» **BRIEF**: Look through the data below and count each line where the word "poisoned" appears. Reply with the count alone.

[PROVIDED DATA — start]

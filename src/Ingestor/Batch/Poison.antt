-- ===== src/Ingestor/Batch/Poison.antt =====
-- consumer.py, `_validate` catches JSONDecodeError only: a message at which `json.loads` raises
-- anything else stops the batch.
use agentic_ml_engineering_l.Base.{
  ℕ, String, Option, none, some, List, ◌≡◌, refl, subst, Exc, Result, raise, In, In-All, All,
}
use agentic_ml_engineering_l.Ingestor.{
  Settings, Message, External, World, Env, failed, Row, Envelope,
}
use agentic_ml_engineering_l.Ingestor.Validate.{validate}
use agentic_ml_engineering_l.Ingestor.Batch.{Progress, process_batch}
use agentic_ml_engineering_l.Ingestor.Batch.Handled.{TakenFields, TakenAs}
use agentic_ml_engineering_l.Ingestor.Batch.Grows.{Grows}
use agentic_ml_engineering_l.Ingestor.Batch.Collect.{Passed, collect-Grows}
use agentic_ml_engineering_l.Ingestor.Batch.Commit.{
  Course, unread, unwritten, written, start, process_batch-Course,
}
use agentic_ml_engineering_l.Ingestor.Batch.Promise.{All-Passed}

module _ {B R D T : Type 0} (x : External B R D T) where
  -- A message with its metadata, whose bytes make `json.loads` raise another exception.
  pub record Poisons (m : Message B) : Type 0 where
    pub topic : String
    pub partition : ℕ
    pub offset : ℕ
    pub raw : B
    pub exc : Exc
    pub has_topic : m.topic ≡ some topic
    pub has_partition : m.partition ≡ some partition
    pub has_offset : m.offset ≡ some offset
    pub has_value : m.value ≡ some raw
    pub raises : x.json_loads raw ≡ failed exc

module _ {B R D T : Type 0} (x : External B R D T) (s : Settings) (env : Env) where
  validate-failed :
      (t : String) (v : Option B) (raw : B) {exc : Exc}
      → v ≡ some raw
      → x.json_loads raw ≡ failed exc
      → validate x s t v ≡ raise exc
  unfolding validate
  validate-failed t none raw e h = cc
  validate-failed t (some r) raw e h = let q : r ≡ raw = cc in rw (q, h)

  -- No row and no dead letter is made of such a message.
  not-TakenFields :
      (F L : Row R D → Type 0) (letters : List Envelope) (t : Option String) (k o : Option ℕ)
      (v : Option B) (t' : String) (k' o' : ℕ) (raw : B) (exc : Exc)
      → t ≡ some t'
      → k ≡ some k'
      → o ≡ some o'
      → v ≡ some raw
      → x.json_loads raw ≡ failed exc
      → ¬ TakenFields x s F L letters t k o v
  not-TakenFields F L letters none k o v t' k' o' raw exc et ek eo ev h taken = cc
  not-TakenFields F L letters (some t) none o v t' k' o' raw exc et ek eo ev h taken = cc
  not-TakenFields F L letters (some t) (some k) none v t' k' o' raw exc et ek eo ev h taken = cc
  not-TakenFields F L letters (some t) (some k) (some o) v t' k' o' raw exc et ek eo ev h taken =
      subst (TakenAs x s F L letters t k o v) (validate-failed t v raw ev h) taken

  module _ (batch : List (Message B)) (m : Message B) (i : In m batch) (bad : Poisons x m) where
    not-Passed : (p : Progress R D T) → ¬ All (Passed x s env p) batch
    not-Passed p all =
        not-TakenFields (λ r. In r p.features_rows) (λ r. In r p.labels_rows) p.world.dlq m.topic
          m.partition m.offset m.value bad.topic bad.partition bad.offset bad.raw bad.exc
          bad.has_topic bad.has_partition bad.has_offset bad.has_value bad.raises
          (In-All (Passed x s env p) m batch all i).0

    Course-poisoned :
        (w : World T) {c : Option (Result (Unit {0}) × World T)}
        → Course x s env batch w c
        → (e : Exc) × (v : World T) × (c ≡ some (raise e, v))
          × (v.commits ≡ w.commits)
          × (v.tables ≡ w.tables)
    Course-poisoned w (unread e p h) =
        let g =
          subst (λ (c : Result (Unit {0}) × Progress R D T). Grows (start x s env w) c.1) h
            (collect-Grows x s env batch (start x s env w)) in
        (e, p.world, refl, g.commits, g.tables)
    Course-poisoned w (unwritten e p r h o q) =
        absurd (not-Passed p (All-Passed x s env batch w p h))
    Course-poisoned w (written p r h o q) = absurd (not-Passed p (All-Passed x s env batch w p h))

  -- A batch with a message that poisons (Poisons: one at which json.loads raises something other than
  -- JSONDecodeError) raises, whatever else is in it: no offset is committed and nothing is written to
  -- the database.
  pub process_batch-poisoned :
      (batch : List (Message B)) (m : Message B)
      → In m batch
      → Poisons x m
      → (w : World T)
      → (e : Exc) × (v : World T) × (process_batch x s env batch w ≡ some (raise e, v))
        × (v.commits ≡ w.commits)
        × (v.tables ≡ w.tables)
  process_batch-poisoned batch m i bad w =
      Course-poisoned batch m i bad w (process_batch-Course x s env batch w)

[PROVIDED DATA — finish]
[PROVIDED DATA — start]

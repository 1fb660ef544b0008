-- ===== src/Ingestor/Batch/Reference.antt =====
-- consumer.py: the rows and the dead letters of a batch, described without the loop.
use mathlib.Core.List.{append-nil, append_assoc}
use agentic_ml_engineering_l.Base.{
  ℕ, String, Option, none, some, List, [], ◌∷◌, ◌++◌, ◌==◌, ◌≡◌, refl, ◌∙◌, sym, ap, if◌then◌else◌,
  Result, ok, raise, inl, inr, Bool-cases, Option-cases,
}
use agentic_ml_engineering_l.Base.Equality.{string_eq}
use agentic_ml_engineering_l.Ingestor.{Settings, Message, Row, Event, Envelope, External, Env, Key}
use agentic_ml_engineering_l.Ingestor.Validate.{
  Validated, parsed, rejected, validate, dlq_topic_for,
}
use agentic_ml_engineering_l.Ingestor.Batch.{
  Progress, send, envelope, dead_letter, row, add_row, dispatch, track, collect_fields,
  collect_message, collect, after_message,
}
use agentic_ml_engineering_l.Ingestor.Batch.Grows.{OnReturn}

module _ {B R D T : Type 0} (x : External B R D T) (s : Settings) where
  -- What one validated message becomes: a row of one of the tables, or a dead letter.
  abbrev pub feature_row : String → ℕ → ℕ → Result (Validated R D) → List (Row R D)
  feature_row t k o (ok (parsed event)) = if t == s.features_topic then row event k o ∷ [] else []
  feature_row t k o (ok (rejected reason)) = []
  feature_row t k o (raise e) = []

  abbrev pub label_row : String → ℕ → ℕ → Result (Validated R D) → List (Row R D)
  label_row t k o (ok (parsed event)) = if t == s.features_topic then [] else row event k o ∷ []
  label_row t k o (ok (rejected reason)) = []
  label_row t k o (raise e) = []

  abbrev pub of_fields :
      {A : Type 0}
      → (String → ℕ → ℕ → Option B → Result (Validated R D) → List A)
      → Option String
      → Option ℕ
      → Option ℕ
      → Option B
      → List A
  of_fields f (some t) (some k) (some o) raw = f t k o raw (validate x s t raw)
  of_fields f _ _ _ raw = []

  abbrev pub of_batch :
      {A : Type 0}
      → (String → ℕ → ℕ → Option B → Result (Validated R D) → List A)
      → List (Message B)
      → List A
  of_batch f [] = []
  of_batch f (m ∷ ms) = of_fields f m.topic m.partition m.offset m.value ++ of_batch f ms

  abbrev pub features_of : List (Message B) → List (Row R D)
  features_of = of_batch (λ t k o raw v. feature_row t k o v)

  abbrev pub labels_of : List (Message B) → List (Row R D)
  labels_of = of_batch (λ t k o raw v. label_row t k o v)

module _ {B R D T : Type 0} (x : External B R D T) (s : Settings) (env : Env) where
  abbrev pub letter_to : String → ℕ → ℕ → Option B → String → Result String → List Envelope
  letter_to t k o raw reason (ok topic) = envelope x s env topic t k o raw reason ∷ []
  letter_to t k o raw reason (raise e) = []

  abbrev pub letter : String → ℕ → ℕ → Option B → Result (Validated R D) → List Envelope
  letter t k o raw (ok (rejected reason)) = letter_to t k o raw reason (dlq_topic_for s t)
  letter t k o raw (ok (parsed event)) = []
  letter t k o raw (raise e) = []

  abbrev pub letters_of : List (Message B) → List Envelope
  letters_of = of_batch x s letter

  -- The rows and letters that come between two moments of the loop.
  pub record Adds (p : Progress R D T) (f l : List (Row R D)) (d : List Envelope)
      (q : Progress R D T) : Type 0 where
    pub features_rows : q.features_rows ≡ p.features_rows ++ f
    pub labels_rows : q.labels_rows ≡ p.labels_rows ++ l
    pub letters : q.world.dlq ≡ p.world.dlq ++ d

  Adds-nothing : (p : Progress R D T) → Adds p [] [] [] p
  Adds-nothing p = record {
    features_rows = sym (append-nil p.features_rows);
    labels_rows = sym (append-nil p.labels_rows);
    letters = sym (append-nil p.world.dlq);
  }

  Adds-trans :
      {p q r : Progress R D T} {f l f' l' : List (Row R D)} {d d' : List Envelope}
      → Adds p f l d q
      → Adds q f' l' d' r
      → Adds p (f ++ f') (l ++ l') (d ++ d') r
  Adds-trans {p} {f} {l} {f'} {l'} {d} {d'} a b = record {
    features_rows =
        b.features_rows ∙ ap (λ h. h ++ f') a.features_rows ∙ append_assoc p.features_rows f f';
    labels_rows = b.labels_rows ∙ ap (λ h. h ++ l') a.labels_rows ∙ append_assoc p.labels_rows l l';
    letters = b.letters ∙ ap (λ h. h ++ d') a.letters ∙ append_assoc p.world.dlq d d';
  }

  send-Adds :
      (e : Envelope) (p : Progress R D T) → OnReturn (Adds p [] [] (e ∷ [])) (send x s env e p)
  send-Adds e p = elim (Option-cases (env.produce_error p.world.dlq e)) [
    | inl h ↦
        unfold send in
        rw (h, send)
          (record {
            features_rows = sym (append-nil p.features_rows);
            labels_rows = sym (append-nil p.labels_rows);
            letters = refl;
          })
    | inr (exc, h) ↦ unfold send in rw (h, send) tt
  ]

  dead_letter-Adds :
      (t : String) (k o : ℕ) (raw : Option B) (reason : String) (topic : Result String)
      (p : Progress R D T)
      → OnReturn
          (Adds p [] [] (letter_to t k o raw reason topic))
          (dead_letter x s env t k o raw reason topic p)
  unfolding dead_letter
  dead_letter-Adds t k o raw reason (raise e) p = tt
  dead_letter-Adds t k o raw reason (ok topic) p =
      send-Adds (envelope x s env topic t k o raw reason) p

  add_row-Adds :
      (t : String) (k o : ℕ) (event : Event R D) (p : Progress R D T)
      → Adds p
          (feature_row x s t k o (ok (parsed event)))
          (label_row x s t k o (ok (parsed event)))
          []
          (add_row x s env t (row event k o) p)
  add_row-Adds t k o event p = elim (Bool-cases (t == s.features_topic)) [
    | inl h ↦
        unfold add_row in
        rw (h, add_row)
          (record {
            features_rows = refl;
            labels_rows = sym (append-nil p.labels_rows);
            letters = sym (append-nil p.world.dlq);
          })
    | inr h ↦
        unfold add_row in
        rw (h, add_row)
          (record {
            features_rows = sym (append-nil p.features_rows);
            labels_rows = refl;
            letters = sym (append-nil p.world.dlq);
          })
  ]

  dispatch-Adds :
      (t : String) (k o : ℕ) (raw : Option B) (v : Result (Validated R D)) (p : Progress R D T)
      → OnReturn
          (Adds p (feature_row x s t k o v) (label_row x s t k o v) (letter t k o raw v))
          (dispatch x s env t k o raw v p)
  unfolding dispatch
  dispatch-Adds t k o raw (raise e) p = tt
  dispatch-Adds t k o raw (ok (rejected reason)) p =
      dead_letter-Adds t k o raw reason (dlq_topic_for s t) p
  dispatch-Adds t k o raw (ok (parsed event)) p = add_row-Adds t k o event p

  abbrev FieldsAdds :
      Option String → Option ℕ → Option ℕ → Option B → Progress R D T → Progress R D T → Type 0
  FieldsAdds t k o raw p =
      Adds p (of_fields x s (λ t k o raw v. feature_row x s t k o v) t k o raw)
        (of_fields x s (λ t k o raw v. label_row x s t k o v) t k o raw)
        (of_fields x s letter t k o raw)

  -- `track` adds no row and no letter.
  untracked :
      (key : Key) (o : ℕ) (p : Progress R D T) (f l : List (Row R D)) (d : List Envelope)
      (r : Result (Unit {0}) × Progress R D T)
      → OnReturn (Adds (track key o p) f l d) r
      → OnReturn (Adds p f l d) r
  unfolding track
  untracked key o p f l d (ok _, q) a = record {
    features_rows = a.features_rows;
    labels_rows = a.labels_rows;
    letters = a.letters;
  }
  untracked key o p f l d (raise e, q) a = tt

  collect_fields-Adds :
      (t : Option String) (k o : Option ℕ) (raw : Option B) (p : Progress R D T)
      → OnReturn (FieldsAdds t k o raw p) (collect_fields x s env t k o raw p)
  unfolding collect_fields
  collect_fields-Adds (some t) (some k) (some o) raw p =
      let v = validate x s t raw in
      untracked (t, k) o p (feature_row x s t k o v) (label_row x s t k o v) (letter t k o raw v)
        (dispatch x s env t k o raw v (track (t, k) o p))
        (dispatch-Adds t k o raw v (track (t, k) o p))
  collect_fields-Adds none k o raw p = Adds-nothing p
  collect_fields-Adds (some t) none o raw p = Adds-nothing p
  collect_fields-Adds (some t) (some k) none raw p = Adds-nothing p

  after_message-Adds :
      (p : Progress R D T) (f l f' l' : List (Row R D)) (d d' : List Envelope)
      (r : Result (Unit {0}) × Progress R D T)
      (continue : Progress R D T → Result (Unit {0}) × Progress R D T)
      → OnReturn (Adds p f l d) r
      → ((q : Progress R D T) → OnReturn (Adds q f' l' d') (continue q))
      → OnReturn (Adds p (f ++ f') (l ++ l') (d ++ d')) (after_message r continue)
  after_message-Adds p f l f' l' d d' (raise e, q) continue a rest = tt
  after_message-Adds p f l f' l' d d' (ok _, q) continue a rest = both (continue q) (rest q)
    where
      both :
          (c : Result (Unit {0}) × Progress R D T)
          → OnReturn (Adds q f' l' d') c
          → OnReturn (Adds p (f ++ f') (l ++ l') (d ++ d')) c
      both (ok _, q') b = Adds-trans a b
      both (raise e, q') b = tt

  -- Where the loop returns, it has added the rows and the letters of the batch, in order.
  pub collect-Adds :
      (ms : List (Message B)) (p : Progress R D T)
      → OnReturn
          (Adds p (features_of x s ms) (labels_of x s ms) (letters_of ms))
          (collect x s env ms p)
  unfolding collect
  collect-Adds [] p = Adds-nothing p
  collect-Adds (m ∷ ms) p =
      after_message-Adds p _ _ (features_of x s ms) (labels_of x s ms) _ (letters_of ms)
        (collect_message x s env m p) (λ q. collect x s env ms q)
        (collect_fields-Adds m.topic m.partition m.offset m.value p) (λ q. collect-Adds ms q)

[PROVIDED DATA — finish]

» **ANSWER FOR THE TASK**: 7